Dossier “Territoires et alternatives démocratiques”
“L’organisation actuelle des territoires masque la mise en place de nouveaux pouvoirs plus difficiles à identifier et de plus en plus à l’abri des exigences des citoyens…” (lire ici la suite du Prologue au dossier “Territoires et alternatives démocratiques”)
La nouveauté c’est que des mobilisations naissent de larges et nouvelles convergences d’acteurs anciens et nouveaux, et se positionnent sur des principes fondamentaux comme la propriété et le bien commun. Elles constituent surtout de premières, et déjà décisives, résistances créatrices contre la financiarisation et la marchandisation généralisée de l’aménagement des villes et territoires, dénonçant et s’opposant à de grands projets utiles uniquement à des fins de profit et de spéculation.
La plus significative est la mobilisation contre le projet d’Europacity où des investisseurs chinois et français portaient un méga-projet de commerces et de loisirs sur des terrains parmi les plus fertiles d’Ile de France, à deux pas de l’aéroport de Roissy, autour d’une nouvelle gare de Paris Expresse. Très vite mobilisé autour d’un contre-projet portant sur une agriculture urbaine de haute qualité écologique (CARMA), des acteurs associatifs associés à des citoyens, des professionnels, des chercheurs, mais aussi des élus et des forces politiques, ont su impulser une dynamique exceptionnelle, intense et durable, déjouant le faux chantage à la création d’emplois qui avait séduit certains élus locaux. Devant le risque avéré d’un enlisement et d’une nouvelle ZAD aux portes de la métropole mondiale, le Président de la République a sonné l’abandon du projet initial, qualifié de dépassé et antagonique aux enjeux du XXIème siècle ! Mais la lutte continue et demeure âpre sur le contenu de l’alternative, tant est grand l’enjeu de la valorisation foncière autour d’une nouvelle gare métropolitaine, sensée participer au financement même des nouvelles lignes du métro!
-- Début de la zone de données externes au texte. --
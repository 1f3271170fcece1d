-- ===== src/Interpreter/Valid/Module.antt =====
-- crates/interpreter/src/valid.rs: `check_module`, section by section.
use wasefire.Base.{
  ℕ, zero, suc, List, [], ◌∷◌, ◌++◌, length, set, Option, none, some, Bool, true, false, ◌&&◌, ◌||◌,
  not, ltb, ◌==◌, if◌then◌else◌,
}
use wasefire.Interpreter.Mode.{Outcome, ok, err, fault, out_of_fuel, invalid, check}
use wasefire.Interpreter.Syntax.Types.{SectionId, ExportDesc}
use wasefire.Interpreter.Syntax.Bytes.{section_order}
use wasefire.Interpreter.Parser.Core.{Parser, ◌>>=◌, ◌>>◌, pure, lift, require}
use wasefire.Interpreter.Parser.Leb128.{parse_u32}
use wasefire.Interpreter.Parser.Types.{
  parse_section_id, split_section, parse_name, parse_functype, parse_tabletype, parse_memtype,
  parse_globaltype, parse_exportdesc,
}
use wasefire.Interpreter.Parser.Segments.{parse_vec}
use wasefire.Interpreter.Valid.Context.{
  Context, functype, add_functype, add_tabletype, add_memtype, add_globaltype, check_exportdesc,
}
use wasefire.Interpreter.Valid.Labels.{is_empty}
use wasefire.Interpreter.Valid.Check.{check_const}

unfoldable pub bytes_eq : List ℕ → List ℕ → Bool
bytes_eq [] [] = true
bytes_eq [] (y ∷ ys) = false
bytes_eq (x ∷ xs) [] = false
bytes_eq (x ∷ xs) (y ∷ ys) = x == y && bytes_eq xs ys

-- What a parser of its own reads from the bytes of a section, all of them.
unfoldable pub whole {ℓ} : {A : Type ℓ} → Parser A → List ℕ → Outcome A
whole p bytes = elim (p bytes) [
  | ok (a, rest) ↦ if is_empty rest then ok a else err invalid
  | err e ↦ err e
  | fault ↦ fault
  | out_of_fuel ↦ out_of_fuel
]

-- The name of a custom section is checked, and the rest of it is ignored.
unfoldable pub custom_section : List ℕ → Outcome (Unit {0})
custom_section bytes = elim (parse_name check bytes) [
  | ok _ ↦ ok tt
  | err e ↦ err e
  | fault ↦ fault
  | out_of_fuel ↦ out_of_fuel
]

unfoldable pub is_custom : SectionId → Bool
is_custom SectionId.custom = true
is_custom _ = false

-- The section of the identifier that is read, or none, before which the parser then stands.
unfoldable pub expect_section : SectionId → SectionId → List ℕ → Parser (Option (List ℕ))
expect_section expected actual before =
    if ltb (section_order expected) (section_order actual)
    then (λ _. ok (none, before))
    else if section_order expected == section_order actual
    then (do bytes ← split_section check; pure (some bytes))
    else lift (err invalid)

-- The loop over the custom sections, with fuel for its rounds.
unfoldable pub sections_loop : ℕ → SectionId → Parser (Option (List ℕ))
sections_loop zero expected xs = out_of_fuel
sections_loop (suc fuel) expected [] = ok (none, [])
sections_loop (suc fuel) expected (x ∷ xs) =
    (parse_section_id check >>= λ id.
    if is_custom id
    then (do bytes ← split_section check; lift (custom_section bytes); sections_loop fuel expected)
    else expect_section expected id (x ∷ xs))
      (x ∷ xs)

unfoldable pub check_section : SectionId → Parser (Option (List ℕ))
check_section expected xs = sections_loop (suc (length xs)) expected xs

-- What a section changes, if it is there.
unfoldable pub section {ℓ} : {S : Type ℓ} → SectionId → (S → Parser S) → S → Parser S
section id step s = do
  found ← check_section id
  elim found [ none ↦ pure s | some bytes ↦ lift (whole (step s) bytes) ]

-- `Context` with `refs`.
pub record Module : Type 0 where
  pub context : Context
  pub refs : List Bool

unfoldable pub add_type : Context → Parser Context
add_type c = do t ← parse_functype check; pure (record c { types = c.types ++ t ∷ [] })

unfoldable pub add_function : Context → Parser Context
add_function c = do x ← parse_u32 check; lift (add_functype c x)

unfoldable pub add_table : Module → Parser Module
add_table s = do
  t ← parse_tabletype check
  c ← lift (add_tabletype s.context t)
  pure (record s { context = c })

unfoldable pub add_memory : Module → Parser Module
add_memory s = do
  t ← parse_memtype check
  c ← lift (add_memtype s.context t)
  pure (record s { context = c })

unfoldable pub add_global : ℕ → Module → Parser Module
add_global globals_len s = do
  g ← parse_globaltype check
  c ← lift (add_globaltype s.context g)
  refs ← check_const c s.refs globals_len (g.value ∷ [])
  pure (record { context = c; refs = refs })

-- `refs[x as usize] = true`
unfoldable pub mark : ℕ → Module → Outcome Module
mark x s = if ltb x (length s.refs) then ok (record s { refs = set s.refs x true }) else fault

unfoldable pub mark_export : ExportDesc → Module → Outcome Module
mark_export (ExportDesc.func x) s = mark x s
mark_export _ s = ok s

-- `BTreeSet::insert`, on names that are their bytes.
unfoldable pub has_name : List ℕ → List (List ℕ) → Bool
has_name name [] = false
has_name name (n ∷ names) = bytes_eq name n || has_name name names

unfoldable pub add_export : List (List ℕ) × Module → Parser (List (List ℕ) × Module)
add_export (names, s) = do
  name ← parse_name check
  require check (not (has_name name names))
  desc ← parse_exportdesc check
  lift (check_exportdesc s.context desc)
  s' ← lift (mark_export desc s)
  pure (name ∷ names, s')

unfoldable pub check_exports : Module → Parser Module
check_exports s = do r ← parse_vec check add_export ([], s); pure r.1

unfoldable pub check_start : Module → Parser Module
check_start s = do
  x ← parse_u32 check
  t ← lift (functype s.context x)
  require check (is_empty t.params && is_empty t.results)
  pure s
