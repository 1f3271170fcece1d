-- ===== src/Interpreter/Valid/Segments.antt =====
-- crates/interpreter/src/valid.rs: `ParseElem` and `ParseData`, which check the segments.
use wasefire.Base.{ℕ, [], ◌∷◌, ◌++◌, length, ltb, if◌then◌else◌}
use wasefire.Interpreter.Mode.{Outcome, ok, err, invalid, check}
use wasefire.Interpreter.Syntax.Types.{ValType, RefType}
use wasefire.Interpreter.Parser.Core.{Parser, ◌>>=◌, ◌>>◌, pure, lift, require}
use wasefire.Interpreter.Parser.Segments.{
  ElemMode, ParseElem, parse_elem, DataMode, ParseData, parse_data,
}
use wasefire.Interpreter.Valid.Context.{table, mem}
use wasefire.Interpreter.Valid.OpdType.{OpdType, opd_of_ref, val_of_ref, opd_matches}
use wasefire.Interpreter.Valid.Check.{check_const}
use wasefire.Interpreter.Valid.Module.{Module, mark}

-- The state of `ParseElem`.
pub record ElemState : Type 0 where
  pub module_ : Module
  pub table_type : OpdType
  pub elem_type : RefType

-- `Expr::check_const` on the state of a module.
unfoldable pub module_const : ℕ → ValType → Module → Parser Module
module_const globals_len expected s = do
  refs ← check_const s.context s.refs globals_len (expected ∷ [])
  pure (record s { refs = refs })

unfoldable pub check_elem_mode : ℕ → ElemMode → ElemState → Parser ElemState
check_elem_mode globals_len ElemMode.passive s = pure s
check_elem_mode globals_len ElemMode.declarative s = pure s
check_elem_mode globals_len (ElemMode.active x) s = do
  m ← module_const globals_len ValType.i32 s.module_
  t ← lift (table m.context x)
  pure (record s { module_ = m; table_type = opd_of_ref t.item })

unfoldable pub check_elem_type : RefType → ElemState → Outcome ElemState
check_elem_type type s =
    if opd_matches s.table_type (val_of_ref type)
    then ok (record {
      module_ = record {
        context = record s.module_.context { elems = s.module_.context.elems ++ type ∷ [] };
        refs = s.module_.refs;
      };
      table_type = s.table_type;
      elem_type = type;
    })
    else err invalid

unfoldable pub check_init_funcidx : ℕ → ElemState → Parser ElemState
check_init_funcidx x s = do
  require check (ltb x (length s.module_.context.funcs))
  m ← lift (mark x s.module_)
  pure (record s { module_ = m })

unfoldable pub check_init_expr : ℕ → ElemState → Parser ElemState
check_init_expr globals_len s = do
  m ← module_const globals_len (val_of_ref s.elem_type) s.module_
  pure (record s { module_ = m })

-- `ParseElem::new`
unfoldable pub first_elem : Module → ElemState
first_elem s = record { module_ = s; table_type = OpdType.bottom; elem_type = RefType.func_ref }

unfoldable pub elem_user : ℕ → ParseElem ElemState
elem_user globals_len = record {
  mode = check_elem_mode globals_len;
  type_ = check_elem_type;
  init_funcidx = check_init_funcidx;
  init_expr = check_init_expr globals_len;
}

unfoldable pub add_elem : ℕ → Module → Parser Module
add_elem globals_len s = do
  e ← parse_elem check (elem_user globals_len) (first_elem s)
  pure e.module_

unfoldable pub check_data_mode : ℕ → DataMode → Module → Parser Module
check_data_mode globals_len DataMode.passive s = pure s
check_data_mode globals_len (DataMode.active memory) s = do
  lift (mem s.context memory)
  module_const globals_len ValType.i32 s

unfoldable pub data_user : ℕ → ParseData Module
data_user globals_len = record { mode = check_data_mode globals_len; init = λ _ s. ok s }

unfoldable pub add_data : ℕ → Module → Parser Module
add_data globals_len s = parse_data check (data_user globals_len) s
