-- ===== src/Interpreter/Valid/Sections.antt =====
-- crates/interpreter/src/valid.rs: `check_module`, all of its sections in their order, and `validate`.
use wasefire.Base.{
  ℕ, zero, suc, ◌+◌, ◌-◌, ◌%◌, ◌^◌, List, [], ◌∷◌, length, replicate, Option, none, some, Bool,
  true, false, leb, ◌==◌, if◌then◌else◌,
}
use wasefire.Interpreter.Mode.{Outcome, ok, err, fault, out_of_fuel, invalid, check}
use wasefire.Interpreter.Syntax.Types.{FuncType, SectionId}
use wasefire.Interpreter.Parser.Core.{Parser, ◌>>=◌, ◌>>◌, pure, lift, require, parse_bytes}
use wasefire.Interpreter.Parser.Leb128.{parse_u32}
use wasefire.Interpreter.Parser.Types.{split_section}
use wasefire.Interpreter.Parser.Segments.{repeat, parse_vec, parse_locals}
use wasefire.Interpreter.Valid.Context.{Context, empty_context, functype, add_import}
use wasefire.Interpreter.Valid.Labels.{is_empty}
use wasefire.Interpreter.Valid.Check.{check_body}
use wasefire.Interpreter.Valid.Module.{
  bytes_eq, whole, check_section, section, Module, add_type, add_function, add_table, add_memory,
  add_global, check_exports, check_start,
}
use wasefire.Interpreter.Valid.Segments.{add_elem, add_data}

-- `self.functype(x).unwrap()`
unfoldable pub defined_type : Context → ℕ → Outcome FuncType
defined_type c x = elim (functype c x) [
  | ok t ↦ ok t
  | err _ ↦ fault
  | fault ↦ fault
  | out_of_fuel ↦ out_of_fuel
]

-- The body of the function `x`, whose bytes are read to their end.
unfoldable pub check_locals_body : Module → FuncType → Parser (Unit {0})
check_locals_body s t = do
  locals ← parse_locals check t.params
  check_body s.context s.refs locals t.results

unfoldable pub check_func : Module → ℕ → Parser (Unit {0})
check_func s x = do
  bytes ← split_section check
  t ← lift (defined_type s.context x)
  lift (whole (check_locals_body s t) bytes)

-- `for x in imported_funcs .. self.funcs.len()`
unfoldable pub check_funcs : Module → ℕ → ℕ → Parser (Unit {0})
check_funcs s x zero = pure tt
check_funcs s x (suc n) = do check_func s x; check_funcs s (suc x) n

unfoldable pub check_code : ℕ → Module → Parser (Unit {0})
check_code imported s = do
  n ← parse_u32 check
  require check (length s.context.funcs == (imported + n) % 2 ^ 32)
  check_funcs s imported (length s.context.funcs - imported)

-- With the code section, or without it.
unfoldable pub check_codes : ℕ → Module → Parser (Unit {0})
check_codes imported s = do
  found ← check_section SectionId.code
  elim found [
    | none ↦ require check (length s.context.funcs == imported)
    | some bytes ↦ lift (whole (check_code imported s) bytes)
  ]

unfoldable pub same_count : Option ℕ → ℕ → Bool
same_count none n = true
same_count (some m) n = m == n

unfoldable pub check_datas : ℕ → Module → Parser Module
check_datas globals_len s = do
  n ← parse_u32 check
  require check (same_count s.context.datas n)
  repeat n (add_data globals_len) s

unfoldable pub count_datas : Module → Parser Module
count_datas s = do
  n ← parse_u32 check
  pure (record { context = record s.context { datas = some n }; refs = s.refs })

-- `b"\0asm\x01\0\0\0"`
abbrev pub magic : List ℕ
magic = 0 ∷ 0x61 ∷ 0x73 ∷ 0x6d ∷ 1 ∷ 0 ∷ 0 ∷ 0 ∷ []

-- The sections before the functions are known, and those after.
unfoldable pub check_declarations : Parser (ℕ × Context)
check_declarations = do
  types ← section SectionId.type (parse_vec check add_type) empty_context
  imports ← section SectionId.import (parse_vec check add_import) types
  funcs ← section SectionId.function (parse_vec check add_function) imports
  pure (length imports.funcs, funcs)

unfoldable pub check_definitions : ℕ → Module → Parser Module
check_definitions globals_len s = do
  s1 ← section SectionId.global (parse_vec check (add_global globals_len)) s
  s2 ← section SectionId.export check_exports s1
  s3 ← section SectionId.start check_start s2
  s4 ← section SectionId.element (parse_vec check (add_elem globals_len)) s3
  section SectionId.data_count count_datas s4

-- `check(parser.is_empty())`
unfoldable pub at_end : Parser (Unit {0})
at_end xs = if is_empty xs then ok (tt, xs) else err invalid

unfoldable pub check_module : Parser (Unit {0})
check_module = do
  header ← parse_bytes check 8
  require check (bytes_eq header magic)
  (imported, funcs) ← check_declarations
  let refs = replicate (length funcs.funcs) false
  tables ←
      section SectionId.table (parse_vec check add_table) (record { context = funcs; refs = refs })
  mems ← section SectionId.memory (parse_vec check add_memory) tables
  require check (leb (length mems.context.mems) 1)
  let globals_len = length mems.context.globals
  s ← check_definitions globals_len mems
  check_codes imported s
  section SectionId.data_ (check_datas globals_len) s
  check_section SectionId.custom
  at_end

unfoldable pub validate : List ℕ → Outcome (Unit {0})
validate binary = elim (check_module binary) [
  | ok _ ↦ ok tt
  | err e ↦ err e
  | fault ↦ fault
  | out_of_fuel ↦ out_of_fuel
]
Un autre exemple est donné par l’association « La Seine n’est pas à vendre », née à l’occasion d’un projet immobilier sur le domaine public en plein cœur de Paris dans le cadre du concours Réinventer la Seine initié par la ville. Son action, toujours en cours, a contribué aussi à l’abandon d’un autre concours de la Ville de Paris autour de la création de trois nouveaux ponts et de l’aménagement de leurs abords par des opérateurs privés, et qui a été annulé suite à la décision du Conseil d’Etat pour cette raison.
La mise en œuvre d’une métropole alignée sur des logiques néolibérales a donné lieu à une myriade de projets autour de toutes les gares des nouvelles lignes de métro, ainsi qu’à travers de nouvelles procédures de concours : Réinventer Paris 1 et 2(révolution en sous-sol), Inventer la Métropoles 1 et 2, Réinventer la Seine… Cette frénésie constructive et cet acharnement urbanistique, adoptées depuis dans d’autres métropoles, se drapent derrière des objectifs de créativité et l’alibi des enjeux écologiques. En réalité il s’agît de la plus grande mutation urbaine depuis un demi-siècle, tant par l’ampleur conjuguée de leurs programmes, dispersés sur plus d’une centaine de sites à Paris et en banlieue, que par la logique jamais vu d’effacement de la puissance publique au bénéfice du privé, d’absence totale de toute réflexion et de cohérence globale préalables, et d’une dérégulation au bénéfice d’un marketing territorial au service d’une concurrence mortifère.
C’est cette logique qui est dénoncé par l’appel « La ville n’est pas un Monopoly » initiée par un collectif d’associations. C’est aussi elle qui est au cœur de l’appel « Retrouvons le Nord pour la Gare du Nord » contre un autre mega-projet visant à transformer cette gare en un centre commercial pharaonique. Contre le compromis qui semble se dessiner entre les acteurs du dossier (Etat, SNCF, Ceetrus, Ville de Paris…) l’appel vise une véritable maîtrise démocratique par une double convergence inaugurale : entre citoyens, associations et syndicats d’une part, entre Paris, banlieue et les régions de l’autre.
Ces mobilisations montrent que les luttes métropolitaines concernent toutes les dimensions de la vie de chacune et de chacun. Elles pointent et mettent en cause les logiques globales du néolibéralisme qui tend à coloniser nos vies quotidiennes. Et pour peu que ces résistances soient l’œuvre de larges rassemblements d’un maximum d’acteurs divers, portent une exigence radicale de démocratie et comportent une dimension créatrice d’alternative, elles réussissent à fédérer de nouvelles convergences politiques par-delà les logiques partidaires à mêmes de les mettre en échec.